FDA Guidance on AI-Enabled Medical Devices: Lifecycle Management & Marketing Submissions
On January 6, 2025, the FDA released draft guidance for AI-enabled medical devices, highlighting a Total Product Lifecycle (TPLC) approach. AI-enabled devices use AI device software functions (AI-DSFs) to analyze medical data for diagnosis, monitoring, or treatment.
The guidance emphasizes documentation, risk management, performance validation, and cybersecurity to ensure safety and effectiveness. Manufacturers should include:
- Quality Management System (QMS): Document design controls, risk management, and software development lifecycle (SDLC) processes.
- Device Description: Clearly define intended use, AI model function, patient population, hardware/software dependencies, and environment.

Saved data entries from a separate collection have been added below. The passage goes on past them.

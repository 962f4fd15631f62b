-- ===== src/Lib.antt =====
-- The verification library of kvmux, a gateway in front of several LLM servers that speaks the
-- OpenAI HTTP interface and streams answers as server-sent events (SSE).
--
-- A chat request is parsed, waits for a slot of the global gate, is given an order of backends by
-- the routing policy, and walks along that order: each backend's circuit breaker and in-flight
-- limiter are asked, the upstream is called, and its SSE stream is parsed and written frame by
-- frame to the client. Each file models one of these parts:
--
--   Prelude/*             what the modules share: lists and Boolean tests over native numbers,
--                         byte strings; Prelude/Double is the interface for the type double,
--                         Prelude/Result the result of code that throws, Prelude/Int the integers.
--   Health/Breaker        src/health/circuit_breaker.hpp, .cpp (CircuitBreaker). A method holds the
--                         mutex throughout, so it is one function; the clock's value is an argument.
--   Health/Checker        src/health/checker.hpp, .cpp (evaluate_health_endpoint, evaluate_ollama,
--                         the results of a probe); Monitoring is HealthMonitor::probe_once with
--                         its requests, and the loop of HealthMonitor::run with stop, one step
--                         from each co_await to the next. What becomes of a request that is sent
--                         is an argument.
--   Admission/Gate        src/admission/controller.hpp, .cpp (GlobalGate). acquire is split at its
--                         co_await into enter and resume; a world of coroutines and tickets around
--                         it makes arrivals, timeouts, grants and releases in any order.
--   Admission/Limiter     PerBackendLimiter of controller.hpp: the compare-exchange loop with what
--                         other threads write as an argument, and in Threads any number of threads
--                         that access the counter in any order.
--   Admission/Holder      BackendSlot and Ticket of controller.hpp, which have the same members.
--   Routing/*             src/routing: policy.hpp, round_robin.cpp (RoundRobin), prefix_affinity.cpp
--                         (Canonical: the key, Hrw: rendezvous ranking, Affinity: the load guard).
--                         Keys is the key of a parsed request. The hash XXH64 is a parameter.
--   Upstream/Sse          src/upstream/sse_parser.hpp, .cpp (SseParser), byte by byte.
--   Upstream/Client       src/upstream/client.cpp (stream_chat, post_chat, get). What connecting, the
--                         header and each read come to is an argument; the sink is any function.
--   Upstream/Target       Target::parse of src/upstream/client.cpp: a backend's base URL.
--   Upstream/Usage        inject_include_usage of src/upstream/client.cpp.
--   Upstream/Requests     the requests that the client writes, and to which host and port.
--   OpenAi/*              src/openai: Json is the interface for nlohmann::json, with its laws; Errors
--                         the kinds, status codes and type strings; Bodies make_error,
--                         wrap_upstream_error and the model cards; Request
--                         ChatCompletionRequest::parse and RequestError.
--   Config/*              src/config.hpp, .cpp: the getters with their checks, Sections, and Load
--                         (validate, load_string, load_file), over an interface for toml++. Bounds
--                         are natural numbers, and an error is a value without the wording.
--   Server/SseWriter      src/server/sse_writer.hpp, .cpp (SseWriter): the pieces sent, where each
--                         write may fail.
--   Server/Gateway        src/server/gateway.hpp, .cpp: the backends and the choice of candidates;
--                         Attempt is one dispatch, Walk the failover loop, Chat the handler around
--                         it, Routes the entry point with the drain, Policy order_candidates,
--                         Serve the handler from the body's text on, Record what it tells the
--                         registry, Gauges publish_admission_gauges, Construct the constructor,
--                         Hooks write_json and the hooks for tests. There what other requests do
--                         to a backend while one waits is an argument. Concurrent has the walks of
--                         all requests at once: each position is two steps, around its co_await,
--                         and a walk is a run of them. Chats are the chats in flight with the
--                         gate. Models is the answer to /v1/models, Outbound the request to a
--                         backend. Life is the gateway from its start to its end: the chats let in
--                         and left, the monitors, and the signal.
--   Server/Listener       src/server/listener.cpp: the session loop over what the reads give, the
--                         accept loops, and the sessions of the metrics endpoint.
--   Metrics/*             src/metrics/registry.hpp, .cpp: Histogram, Series (label sets and their
--                         escapes), Registry (the maps of series and counters, and Fresh with the
--                         constructor and the buckets), Exposition (the text of write and expose).
--   Main                  src/main.cpp: the command line, the load of the configuration, the exit
--                         status or the two endpoints (Process), the poll of the drainer, and a
--                         whole shutdown (Graceful).
--
-- Parts meet as in the code: Main loads what Config checks; Construct makes a gateway of it; Serve
-- parses with OpenAi/Request, orders with Policy and runs Chat; Walk calls Breaker, Limiter and
-- Client; Client calls Sse and the sink of Attempt; that sink calls SseWriter. A signal makes Life
-- drain and stop the loops of Health/Checker, and Main polls the chats that Life counts. The tests and
-- concrete examples are in modules named Tests; OpenAi/Tree is an instance of the JSON interface for them.
--
-- Loops are recursion on what they consume: the order, the reads, the bytes, the candidates, the
-- arguments. The exchange loop of the limiter recurs on the list of rounds and says when the list has
-- run out: a round that neither fails spuriously nor meets another thread ends it. The drainer's poll
-- has fuel 301, which is enough since each poll comes 100 ms after the last and the window is 30 s.
-- Counters are natural numbers, but for the round robin cursor and the counters of the metrics, which
-- wrap at 2 ^ 64.
--
-- Not modelled: Boost.Asio and Beast (sockets, timers, HTTP), nlohmann::json, toml++ and XXH64, which
-- are arguments or parameters where the code uses them; that rendering JSON throws on a string that is
-- not UTF-8, which may leave a status counted that no reply carries; the times that the latency observations are given; how the io_context picks the coroutine
-- that goes on, in whose place any order of steps is allowed; what binding the two ports comes to; the
-- text that main prints.
pub mod Prelude
pub mod Health
pub mod Admission
pub mod Routing
pub mod Upstream
pub mod Metrics
pub mod OpenAi
pub mod Config
pub mod Server
pub mod Main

- Data Management: Detail collection, processing, storage, and measures to avoid bias.
- Model Development: Explain AI architecture, learning methods, hyperparameter tuning, and performance metrics.
- Performance Validation: Test AI outputs in real-world conditions, address model drift, and ensure patient safety.

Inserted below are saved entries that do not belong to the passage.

-- ===== src/Admission.antt =====
-- src/admission: the global gate, the limiter of one backend and the holders of their slots.
pub mod Gate
pub mod Limiter
pub mod Holder
pub mod Tests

- User Interface & Labeling: Provide clear instructions, capabilities, limitations, and warnings.
- Post-Market Monitoring: Track device performance, detect model drift, and update AI models safely.
- Cybersecurity: Implement encryption, authentication, access control, and incident response protocols.
This guidance provides a roadmap for developing safe, reliable, and compliant AI-enabled medical devices, helping manufacturers streamline approvals while maintaining patient trust.